> [Exercise]
Report each line from the data below that holds the word "IsReleased".

--- Data provided ---

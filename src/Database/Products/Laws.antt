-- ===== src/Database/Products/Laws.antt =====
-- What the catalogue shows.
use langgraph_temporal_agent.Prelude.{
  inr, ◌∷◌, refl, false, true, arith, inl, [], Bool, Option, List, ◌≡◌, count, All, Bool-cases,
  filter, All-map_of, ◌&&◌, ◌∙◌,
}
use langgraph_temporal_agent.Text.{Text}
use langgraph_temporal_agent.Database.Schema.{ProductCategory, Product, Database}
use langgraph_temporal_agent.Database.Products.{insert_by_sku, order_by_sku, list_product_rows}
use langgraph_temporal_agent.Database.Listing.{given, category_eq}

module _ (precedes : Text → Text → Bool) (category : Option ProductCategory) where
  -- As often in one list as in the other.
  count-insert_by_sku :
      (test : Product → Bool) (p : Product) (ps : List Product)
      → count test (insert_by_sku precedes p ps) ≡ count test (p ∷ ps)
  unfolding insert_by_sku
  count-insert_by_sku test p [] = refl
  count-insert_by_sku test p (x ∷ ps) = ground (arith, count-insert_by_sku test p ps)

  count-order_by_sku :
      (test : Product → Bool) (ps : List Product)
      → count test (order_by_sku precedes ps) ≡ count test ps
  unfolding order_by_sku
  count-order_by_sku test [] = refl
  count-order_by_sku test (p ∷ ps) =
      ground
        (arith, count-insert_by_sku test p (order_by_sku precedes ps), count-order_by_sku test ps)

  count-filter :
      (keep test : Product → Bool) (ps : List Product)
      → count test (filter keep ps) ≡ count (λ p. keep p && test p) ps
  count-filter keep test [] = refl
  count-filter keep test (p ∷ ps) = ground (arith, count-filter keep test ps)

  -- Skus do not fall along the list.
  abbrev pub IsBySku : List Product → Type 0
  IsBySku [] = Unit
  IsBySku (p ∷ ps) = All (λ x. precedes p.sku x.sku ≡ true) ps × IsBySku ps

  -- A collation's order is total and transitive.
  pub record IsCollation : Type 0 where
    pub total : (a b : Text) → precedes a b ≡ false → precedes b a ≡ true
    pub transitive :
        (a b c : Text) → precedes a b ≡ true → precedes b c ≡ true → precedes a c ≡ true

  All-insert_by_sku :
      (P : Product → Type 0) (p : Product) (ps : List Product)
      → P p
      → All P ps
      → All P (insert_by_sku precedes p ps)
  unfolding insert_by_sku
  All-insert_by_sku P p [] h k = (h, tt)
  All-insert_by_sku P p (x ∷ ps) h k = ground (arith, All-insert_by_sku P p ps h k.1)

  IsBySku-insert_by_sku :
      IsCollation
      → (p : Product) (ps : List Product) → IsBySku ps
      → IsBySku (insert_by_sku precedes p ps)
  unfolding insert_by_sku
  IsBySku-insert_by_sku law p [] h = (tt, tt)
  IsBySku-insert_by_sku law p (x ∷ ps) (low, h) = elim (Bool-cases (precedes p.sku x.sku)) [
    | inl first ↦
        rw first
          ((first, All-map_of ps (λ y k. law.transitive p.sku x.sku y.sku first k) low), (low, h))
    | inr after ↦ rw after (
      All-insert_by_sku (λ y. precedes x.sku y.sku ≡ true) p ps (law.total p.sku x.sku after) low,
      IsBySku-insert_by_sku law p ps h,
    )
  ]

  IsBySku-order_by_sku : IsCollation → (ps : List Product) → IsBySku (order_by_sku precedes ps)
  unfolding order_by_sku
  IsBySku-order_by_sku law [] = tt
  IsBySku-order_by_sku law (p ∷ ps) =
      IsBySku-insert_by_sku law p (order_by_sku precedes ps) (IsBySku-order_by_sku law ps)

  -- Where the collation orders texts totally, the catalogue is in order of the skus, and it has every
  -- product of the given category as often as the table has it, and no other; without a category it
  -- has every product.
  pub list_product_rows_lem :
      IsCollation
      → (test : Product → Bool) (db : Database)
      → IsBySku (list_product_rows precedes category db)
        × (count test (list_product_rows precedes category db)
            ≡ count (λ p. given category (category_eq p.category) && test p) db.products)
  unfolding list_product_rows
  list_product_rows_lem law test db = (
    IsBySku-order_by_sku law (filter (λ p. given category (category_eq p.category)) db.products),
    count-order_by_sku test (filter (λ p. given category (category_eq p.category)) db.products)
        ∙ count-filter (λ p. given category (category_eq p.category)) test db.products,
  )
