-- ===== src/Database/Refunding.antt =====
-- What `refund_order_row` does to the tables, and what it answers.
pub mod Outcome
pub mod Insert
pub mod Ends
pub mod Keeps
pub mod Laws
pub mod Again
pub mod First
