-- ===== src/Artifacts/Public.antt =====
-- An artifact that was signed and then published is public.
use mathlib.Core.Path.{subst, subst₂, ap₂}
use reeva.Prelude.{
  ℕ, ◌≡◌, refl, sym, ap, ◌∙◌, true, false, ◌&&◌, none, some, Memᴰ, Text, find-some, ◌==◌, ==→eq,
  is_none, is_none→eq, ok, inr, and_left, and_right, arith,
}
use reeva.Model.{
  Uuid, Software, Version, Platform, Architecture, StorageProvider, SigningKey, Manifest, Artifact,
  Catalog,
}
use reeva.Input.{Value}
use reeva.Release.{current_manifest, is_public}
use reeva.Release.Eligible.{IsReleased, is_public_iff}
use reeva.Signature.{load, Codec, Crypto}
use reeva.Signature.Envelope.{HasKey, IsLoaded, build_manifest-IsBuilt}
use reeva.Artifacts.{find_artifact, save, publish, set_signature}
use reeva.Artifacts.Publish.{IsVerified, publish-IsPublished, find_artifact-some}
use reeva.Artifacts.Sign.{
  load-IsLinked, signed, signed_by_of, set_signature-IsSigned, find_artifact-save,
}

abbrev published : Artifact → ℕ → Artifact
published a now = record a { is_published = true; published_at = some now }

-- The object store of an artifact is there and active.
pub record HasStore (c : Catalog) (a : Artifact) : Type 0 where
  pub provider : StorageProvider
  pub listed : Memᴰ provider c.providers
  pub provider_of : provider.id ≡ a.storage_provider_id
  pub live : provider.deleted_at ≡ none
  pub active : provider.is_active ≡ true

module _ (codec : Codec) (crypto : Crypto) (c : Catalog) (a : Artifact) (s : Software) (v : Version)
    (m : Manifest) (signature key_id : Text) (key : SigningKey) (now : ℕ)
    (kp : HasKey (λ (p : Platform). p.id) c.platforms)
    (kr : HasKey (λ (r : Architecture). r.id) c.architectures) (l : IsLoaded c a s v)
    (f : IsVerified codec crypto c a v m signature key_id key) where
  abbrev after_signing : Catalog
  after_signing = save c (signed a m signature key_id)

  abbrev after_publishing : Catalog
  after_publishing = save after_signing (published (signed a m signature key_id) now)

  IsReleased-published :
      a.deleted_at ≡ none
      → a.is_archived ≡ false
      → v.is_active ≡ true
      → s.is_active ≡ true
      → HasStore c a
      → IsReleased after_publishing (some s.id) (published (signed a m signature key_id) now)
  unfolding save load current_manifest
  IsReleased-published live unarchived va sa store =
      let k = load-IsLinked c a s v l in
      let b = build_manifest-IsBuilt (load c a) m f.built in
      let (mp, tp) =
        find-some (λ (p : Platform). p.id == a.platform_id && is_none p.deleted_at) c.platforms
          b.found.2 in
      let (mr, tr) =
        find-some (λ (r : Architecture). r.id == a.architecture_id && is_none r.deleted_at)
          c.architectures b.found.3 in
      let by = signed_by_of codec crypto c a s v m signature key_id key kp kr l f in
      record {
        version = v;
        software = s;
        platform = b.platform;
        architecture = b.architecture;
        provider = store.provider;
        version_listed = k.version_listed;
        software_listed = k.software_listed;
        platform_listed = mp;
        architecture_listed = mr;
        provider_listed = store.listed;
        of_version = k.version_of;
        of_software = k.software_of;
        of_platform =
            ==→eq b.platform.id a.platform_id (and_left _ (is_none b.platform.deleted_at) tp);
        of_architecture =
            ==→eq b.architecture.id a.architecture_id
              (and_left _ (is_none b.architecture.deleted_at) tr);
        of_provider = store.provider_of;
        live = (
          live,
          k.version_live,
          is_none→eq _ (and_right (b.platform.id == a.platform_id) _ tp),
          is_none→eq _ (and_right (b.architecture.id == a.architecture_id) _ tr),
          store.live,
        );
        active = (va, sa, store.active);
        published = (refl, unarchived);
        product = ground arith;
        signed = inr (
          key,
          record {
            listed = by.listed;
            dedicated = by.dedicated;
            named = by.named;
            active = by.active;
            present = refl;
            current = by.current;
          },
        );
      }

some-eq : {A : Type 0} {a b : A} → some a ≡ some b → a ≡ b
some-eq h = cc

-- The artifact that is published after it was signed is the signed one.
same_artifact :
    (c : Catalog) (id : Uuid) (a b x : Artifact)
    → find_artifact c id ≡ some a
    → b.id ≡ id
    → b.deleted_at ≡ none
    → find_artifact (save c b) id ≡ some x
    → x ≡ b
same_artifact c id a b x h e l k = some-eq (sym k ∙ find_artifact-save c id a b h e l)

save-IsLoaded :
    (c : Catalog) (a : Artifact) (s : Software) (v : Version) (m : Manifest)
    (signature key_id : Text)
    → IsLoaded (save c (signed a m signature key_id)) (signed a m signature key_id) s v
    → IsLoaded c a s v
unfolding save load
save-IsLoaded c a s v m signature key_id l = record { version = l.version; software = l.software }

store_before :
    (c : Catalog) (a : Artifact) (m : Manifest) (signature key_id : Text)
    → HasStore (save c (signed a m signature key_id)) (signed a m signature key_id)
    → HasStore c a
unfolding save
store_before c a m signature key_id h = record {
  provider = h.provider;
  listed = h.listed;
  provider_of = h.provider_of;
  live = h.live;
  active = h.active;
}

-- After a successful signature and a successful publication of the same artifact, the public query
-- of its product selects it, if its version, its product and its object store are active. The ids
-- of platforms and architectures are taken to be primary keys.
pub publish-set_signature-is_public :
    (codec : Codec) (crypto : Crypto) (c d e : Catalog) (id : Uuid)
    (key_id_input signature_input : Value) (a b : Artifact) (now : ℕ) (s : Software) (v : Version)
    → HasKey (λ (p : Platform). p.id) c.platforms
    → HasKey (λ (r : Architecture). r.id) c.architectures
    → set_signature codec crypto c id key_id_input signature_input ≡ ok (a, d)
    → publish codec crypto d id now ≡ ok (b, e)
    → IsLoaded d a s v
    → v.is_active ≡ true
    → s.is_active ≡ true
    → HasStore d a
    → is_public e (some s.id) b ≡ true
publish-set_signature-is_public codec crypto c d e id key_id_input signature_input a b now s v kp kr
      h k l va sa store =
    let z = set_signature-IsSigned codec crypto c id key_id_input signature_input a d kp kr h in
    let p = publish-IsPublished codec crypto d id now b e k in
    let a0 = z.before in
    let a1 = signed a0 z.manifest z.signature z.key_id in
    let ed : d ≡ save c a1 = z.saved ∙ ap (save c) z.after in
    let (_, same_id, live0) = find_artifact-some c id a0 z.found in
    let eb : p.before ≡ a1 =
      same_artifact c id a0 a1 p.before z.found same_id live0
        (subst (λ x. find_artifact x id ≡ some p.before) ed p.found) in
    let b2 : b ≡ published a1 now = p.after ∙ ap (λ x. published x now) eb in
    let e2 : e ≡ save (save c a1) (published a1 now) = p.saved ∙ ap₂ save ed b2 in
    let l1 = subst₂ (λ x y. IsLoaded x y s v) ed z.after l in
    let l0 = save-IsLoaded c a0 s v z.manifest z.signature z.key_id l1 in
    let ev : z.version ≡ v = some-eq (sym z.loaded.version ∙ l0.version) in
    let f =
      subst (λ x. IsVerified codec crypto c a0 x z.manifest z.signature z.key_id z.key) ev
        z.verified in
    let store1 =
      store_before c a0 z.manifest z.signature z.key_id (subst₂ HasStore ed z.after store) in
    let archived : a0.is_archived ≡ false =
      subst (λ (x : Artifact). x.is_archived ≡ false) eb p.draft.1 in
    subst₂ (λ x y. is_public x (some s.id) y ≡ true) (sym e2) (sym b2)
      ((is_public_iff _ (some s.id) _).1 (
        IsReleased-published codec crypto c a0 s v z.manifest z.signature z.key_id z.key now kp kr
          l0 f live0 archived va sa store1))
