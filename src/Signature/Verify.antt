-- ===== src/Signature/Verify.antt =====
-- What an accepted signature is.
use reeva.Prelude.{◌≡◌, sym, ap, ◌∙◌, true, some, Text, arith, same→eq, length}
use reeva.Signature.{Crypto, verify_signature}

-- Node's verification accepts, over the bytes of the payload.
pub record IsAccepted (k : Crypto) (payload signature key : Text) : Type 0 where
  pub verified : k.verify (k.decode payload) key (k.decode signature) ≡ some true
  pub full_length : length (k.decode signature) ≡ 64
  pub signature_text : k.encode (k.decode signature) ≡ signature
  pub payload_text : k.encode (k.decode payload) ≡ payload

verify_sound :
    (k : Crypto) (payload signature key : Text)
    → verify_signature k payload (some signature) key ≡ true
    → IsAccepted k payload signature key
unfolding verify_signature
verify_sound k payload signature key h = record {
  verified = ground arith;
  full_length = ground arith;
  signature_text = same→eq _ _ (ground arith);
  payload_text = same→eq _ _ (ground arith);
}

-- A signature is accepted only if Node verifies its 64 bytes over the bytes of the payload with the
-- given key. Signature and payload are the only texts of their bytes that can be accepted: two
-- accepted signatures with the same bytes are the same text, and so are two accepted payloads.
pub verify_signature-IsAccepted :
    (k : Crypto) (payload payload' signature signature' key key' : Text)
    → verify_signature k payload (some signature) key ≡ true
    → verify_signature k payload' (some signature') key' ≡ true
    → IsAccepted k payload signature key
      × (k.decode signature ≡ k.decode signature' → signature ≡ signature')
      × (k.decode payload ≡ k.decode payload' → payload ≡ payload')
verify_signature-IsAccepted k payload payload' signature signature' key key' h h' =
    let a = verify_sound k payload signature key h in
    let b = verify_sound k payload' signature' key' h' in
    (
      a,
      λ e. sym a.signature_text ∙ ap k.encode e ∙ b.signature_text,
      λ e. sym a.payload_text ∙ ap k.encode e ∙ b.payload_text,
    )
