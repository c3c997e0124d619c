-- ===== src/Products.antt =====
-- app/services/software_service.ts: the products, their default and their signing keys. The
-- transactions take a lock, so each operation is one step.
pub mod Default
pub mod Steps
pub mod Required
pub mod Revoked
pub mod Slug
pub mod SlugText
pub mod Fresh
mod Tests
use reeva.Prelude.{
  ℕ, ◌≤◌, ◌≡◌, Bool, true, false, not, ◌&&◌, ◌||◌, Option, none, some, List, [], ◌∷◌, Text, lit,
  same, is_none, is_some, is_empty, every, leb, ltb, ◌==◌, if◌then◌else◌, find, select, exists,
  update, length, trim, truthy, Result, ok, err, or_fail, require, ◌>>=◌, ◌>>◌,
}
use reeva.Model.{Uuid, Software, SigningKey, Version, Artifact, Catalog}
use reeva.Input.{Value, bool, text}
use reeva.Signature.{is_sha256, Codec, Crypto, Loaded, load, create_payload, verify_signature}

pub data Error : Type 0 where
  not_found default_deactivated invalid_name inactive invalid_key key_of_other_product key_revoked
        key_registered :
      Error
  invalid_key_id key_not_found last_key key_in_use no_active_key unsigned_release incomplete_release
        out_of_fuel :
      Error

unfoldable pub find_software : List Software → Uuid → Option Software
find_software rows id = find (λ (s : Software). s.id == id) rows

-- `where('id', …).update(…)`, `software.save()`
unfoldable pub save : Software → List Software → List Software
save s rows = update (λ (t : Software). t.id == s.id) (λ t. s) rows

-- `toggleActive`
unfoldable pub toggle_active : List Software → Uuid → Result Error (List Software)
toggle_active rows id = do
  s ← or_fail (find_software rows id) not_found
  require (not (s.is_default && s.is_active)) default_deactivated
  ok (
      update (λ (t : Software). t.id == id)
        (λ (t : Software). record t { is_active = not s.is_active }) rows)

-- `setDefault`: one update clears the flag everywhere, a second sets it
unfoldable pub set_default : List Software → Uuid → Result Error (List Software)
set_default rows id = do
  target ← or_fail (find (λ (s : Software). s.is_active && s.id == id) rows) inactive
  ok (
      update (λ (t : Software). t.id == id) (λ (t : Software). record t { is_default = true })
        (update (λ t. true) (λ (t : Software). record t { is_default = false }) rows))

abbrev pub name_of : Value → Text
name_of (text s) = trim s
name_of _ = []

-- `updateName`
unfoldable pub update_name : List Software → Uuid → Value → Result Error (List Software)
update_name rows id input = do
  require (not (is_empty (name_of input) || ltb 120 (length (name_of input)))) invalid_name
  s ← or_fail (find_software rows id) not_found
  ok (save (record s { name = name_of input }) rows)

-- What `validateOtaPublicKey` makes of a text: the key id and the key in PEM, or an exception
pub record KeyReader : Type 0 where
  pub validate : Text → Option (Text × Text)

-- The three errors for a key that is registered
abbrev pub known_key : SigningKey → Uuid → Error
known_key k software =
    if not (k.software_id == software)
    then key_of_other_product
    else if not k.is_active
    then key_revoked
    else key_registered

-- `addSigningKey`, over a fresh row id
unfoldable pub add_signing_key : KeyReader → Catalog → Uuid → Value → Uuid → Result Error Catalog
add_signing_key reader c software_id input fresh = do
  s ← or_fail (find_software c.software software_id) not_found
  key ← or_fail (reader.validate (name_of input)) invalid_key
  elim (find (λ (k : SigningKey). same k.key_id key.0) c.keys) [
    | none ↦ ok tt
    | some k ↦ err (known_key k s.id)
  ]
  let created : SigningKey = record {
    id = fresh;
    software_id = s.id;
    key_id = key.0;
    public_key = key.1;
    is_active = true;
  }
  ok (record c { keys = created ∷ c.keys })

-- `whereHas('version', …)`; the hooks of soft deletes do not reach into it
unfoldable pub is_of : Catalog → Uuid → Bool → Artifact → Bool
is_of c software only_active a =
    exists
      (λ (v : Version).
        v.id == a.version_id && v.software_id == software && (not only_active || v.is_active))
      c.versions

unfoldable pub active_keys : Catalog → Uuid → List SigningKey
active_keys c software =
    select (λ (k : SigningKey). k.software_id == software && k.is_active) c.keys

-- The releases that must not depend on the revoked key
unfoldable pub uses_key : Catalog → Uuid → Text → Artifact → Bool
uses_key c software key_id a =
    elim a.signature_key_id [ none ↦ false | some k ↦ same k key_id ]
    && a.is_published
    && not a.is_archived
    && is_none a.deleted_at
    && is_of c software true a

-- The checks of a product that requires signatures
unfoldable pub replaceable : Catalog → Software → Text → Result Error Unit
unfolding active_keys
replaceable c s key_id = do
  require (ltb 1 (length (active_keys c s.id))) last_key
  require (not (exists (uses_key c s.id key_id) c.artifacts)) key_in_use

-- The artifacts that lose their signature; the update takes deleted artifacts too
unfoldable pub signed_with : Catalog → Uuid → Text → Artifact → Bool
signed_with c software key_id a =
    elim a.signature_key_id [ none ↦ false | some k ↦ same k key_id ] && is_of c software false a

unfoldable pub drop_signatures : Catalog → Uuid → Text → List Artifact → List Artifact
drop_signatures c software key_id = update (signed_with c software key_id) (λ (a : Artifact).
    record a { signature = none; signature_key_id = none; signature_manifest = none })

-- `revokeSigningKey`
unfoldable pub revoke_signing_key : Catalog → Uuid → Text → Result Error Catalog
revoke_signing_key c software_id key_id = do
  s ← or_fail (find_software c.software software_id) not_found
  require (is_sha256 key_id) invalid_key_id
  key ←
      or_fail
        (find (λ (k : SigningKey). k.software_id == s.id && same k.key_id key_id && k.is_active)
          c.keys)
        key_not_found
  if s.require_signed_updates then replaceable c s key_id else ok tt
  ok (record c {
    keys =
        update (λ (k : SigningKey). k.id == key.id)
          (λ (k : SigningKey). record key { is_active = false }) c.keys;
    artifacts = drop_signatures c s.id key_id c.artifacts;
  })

---

> [Exercise result]
use reeva.Release.Eligible.{IsReleased, is_public_iff}
  IsReleased-published :
      → IsReleased after_publishing (some s.id) (published (signed a m signature key_id) now)
  IsReleased-published live unarchived va sa store =
        IsReleased-published codec crypto c a0 s v z.manifest z.signature z.key_id z.key now kp kr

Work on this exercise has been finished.